Task statement: Find how many lines in the data below include the word "above", then write only that number.

Stored data entries:
_ _ _

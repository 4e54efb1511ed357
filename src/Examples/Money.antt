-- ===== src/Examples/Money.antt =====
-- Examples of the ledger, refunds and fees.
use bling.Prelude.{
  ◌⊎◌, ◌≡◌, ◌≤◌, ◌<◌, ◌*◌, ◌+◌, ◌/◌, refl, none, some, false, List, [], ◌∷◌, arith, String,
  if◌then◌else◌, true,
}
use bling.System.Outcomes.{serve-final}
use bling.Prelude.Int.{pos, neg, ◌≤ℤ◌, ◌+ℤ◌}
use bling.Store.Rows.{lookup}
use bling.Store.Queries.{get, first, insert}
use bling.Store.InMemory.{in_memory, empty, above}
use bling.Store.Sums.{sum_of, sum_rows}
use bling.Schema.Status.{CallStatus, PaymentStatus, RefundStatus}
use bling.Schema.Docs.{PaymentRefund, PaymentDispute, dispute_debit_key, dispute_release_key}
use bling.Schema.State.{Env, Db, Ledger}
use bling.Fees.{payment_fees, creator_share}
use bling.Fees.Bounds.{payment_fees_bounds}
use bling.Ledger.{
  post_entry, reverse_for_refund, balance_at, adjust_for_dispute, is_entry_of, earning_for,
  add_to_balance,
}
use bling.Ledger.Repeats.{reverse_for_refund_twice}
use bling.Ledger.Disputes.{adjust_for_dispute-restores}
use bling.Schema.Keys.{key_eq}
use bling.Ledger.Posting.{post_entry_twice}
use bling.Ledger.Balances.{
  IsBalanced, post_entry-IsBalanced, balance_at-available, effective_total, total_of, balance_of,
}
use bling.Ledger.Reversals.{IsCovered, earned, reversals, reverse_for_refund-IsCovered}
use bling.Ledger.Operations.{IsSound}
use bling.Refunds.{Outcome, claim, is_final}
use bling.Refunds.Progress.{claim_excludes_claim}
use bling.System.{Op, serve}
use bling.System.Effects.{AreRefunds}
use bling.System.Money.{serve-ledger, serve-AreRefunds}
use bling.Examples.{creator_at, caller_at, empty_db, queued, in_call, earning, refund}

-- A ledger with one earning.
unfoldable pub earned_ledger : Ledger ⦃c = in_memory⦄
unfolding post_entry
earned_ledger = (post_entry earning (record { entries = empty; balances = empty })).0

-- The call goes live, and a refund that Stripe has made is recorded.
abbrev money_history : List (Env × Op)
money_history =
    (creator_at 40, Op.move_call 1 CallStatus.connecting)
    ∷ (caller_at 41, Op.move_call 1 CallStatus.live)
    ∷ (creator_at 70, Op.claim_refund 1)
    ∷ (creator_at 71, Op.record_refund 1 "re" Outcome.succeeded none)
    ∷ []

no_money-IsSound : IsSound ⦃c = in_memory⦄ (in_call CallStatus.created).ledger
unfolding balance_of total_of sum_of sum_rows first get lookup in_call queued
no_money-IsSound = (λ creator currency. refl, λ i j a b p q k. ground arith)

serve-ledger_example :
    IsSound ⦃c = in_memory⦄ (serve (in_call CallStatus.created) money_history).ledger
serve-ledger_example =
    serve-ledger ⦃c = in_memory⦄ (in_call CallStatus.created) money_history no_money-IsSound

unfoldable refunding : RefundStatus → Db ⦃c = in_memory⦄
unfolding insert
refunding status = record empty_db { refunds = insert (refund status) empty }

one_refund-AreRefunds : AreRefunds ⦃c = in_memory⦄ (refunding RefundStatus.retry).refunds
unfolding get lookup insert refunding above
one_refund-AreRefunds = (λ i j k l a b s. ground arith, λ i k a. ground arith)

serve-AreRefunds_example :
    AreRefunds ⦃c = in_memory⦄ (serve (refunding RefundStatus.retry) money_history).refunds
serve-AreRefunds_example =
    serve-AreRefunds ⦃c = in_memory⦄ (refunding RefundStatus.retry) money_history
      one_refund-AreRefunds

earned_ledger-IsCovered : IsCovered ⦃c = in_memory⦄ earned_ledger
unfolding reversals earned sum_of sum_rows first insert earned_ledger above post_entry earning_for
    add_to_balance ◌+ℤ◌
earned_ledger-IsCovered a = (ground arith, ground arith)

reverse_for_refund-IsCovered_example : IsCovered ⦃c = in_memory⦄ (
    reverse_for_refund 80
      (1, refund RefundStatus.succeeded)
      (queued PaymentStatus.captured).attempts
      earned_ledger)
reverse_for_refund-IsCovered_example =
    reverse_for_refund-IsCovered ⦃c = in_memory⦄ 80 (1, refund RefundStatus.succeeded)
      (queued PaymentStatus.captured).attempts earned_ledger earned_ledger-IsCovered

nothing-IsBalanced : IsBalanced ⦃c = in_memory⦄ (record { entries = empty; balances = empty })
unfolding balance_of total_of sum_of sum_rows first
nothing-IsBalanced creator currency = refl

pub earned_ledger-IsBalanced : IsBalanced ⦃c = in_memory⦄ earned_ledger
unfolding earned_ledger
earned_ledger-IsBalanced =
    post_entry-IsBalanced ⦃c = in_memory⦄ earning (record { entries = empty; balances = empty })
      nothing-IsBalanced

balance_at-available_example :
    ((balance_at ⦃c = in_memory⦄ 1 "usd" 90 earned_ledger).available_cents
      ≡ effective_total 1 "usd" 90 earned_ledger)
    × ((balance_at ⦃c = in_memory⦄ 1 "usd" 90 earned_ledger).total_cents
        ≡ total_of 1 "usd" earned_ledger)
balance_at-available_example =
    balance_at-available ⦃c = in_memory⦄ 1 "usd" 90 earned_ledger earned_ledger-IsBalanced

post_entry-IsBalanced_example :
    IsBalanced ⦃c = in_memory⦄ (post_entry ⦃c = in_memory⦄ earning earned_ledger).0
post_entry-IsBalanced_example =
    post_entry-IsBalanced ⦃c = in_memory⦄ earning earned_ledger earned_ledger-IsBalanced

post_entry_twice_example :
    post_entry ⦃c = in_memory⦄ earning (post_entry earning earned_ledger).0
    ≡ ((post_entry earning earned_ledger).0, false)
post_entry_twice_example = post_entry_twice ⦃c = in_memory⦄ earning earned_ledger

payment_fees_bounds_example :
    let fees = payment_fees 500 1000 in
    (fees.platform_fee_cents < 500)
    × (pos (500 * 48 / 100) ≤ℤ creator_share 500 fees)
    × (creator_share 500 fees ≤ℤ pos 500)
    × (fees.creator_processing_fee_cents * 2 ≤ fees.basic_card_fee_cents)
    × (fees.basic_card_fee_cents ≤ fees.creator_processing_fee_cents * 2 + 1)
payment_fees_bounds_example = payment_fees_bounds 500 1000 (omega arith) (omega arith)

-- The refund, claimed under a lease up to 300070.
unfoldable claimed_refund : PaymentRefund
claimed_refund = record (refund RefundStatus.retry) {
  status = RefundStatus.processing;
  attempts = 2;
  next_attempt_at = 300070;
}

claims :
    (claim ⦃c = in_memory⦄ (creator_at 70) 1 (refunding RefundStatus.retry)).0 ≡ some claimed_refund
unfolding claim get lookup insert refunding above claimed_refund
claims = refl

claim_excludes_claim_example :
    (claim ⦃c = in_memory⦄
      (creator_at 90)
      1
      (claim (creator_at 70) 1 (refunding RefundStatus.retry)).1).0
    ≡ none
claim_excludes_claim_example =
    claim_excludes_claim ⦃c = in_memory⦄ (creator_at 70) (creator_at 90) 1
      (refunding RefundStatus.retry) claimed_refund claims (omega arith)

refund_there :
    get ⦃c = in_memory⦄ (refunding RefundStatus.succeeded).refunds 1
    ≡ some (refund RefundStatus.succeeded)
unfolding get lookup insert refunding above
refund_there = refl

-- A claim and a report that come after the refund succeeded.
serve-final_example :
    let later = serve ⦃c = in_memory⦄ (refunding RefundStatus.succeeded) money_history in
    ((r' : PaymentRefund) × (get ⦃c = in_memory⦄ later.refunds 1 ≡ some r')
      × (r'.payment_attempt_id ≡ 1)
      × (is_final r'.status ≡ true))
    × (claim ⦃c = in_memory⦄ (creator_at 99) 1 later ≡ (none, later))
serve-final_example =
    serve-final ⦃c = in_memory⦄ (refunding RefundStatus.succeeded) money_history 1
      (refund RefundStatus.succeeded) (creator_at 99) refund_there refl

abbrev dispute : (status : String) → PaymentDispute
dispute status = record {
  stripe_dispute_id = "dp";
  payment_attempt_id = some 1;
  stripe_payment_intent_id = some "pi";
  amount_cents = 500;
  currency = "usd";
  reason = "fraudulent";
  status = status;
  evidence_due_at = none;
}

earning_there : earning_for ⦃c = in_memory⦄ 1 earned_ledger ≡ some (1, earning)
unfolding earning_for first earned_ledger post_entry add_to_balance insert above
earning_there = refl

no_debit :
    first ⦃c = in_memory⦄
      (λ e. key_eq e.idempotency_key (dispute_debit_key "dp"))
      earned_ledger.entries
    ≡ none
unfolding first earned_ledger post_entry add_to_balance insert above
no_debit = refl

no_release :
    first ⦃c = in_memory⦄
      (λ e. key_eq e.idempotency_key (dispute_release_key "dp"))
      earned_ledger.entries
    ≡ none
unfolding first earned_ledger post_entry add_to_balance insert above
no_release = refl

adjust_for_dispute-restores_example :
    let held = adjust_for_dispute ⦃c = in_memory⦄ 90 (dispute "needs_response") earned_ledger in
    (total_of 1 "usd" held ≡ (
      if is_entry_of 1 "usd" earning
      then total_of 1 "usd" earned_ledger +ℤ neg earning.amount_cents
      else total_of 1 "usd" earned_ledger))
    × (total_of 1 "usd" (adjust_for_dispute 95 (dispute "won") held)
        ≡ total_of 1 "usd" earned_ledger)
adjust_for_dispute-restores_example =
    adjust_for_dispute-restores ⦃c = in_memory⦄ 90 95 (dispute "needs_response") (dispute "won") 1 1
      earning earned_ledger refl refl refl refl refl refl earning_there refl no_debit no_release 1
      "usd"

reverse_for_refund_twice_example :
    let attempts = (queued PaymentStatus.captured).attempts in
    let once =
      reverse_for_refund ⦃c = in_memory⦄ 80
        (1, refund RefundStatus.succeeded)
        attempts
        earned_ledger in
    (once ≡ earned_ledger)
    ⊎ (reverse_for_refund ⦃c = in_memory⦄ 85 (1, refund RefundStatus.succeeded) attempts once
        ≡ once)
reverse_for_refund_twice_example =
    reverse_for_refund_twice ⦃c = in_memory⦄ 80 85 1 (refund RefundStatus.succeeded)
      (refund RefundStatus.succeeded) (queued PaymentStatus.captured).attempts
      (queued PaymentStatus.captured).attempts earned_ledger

_ _ _

Task response: 8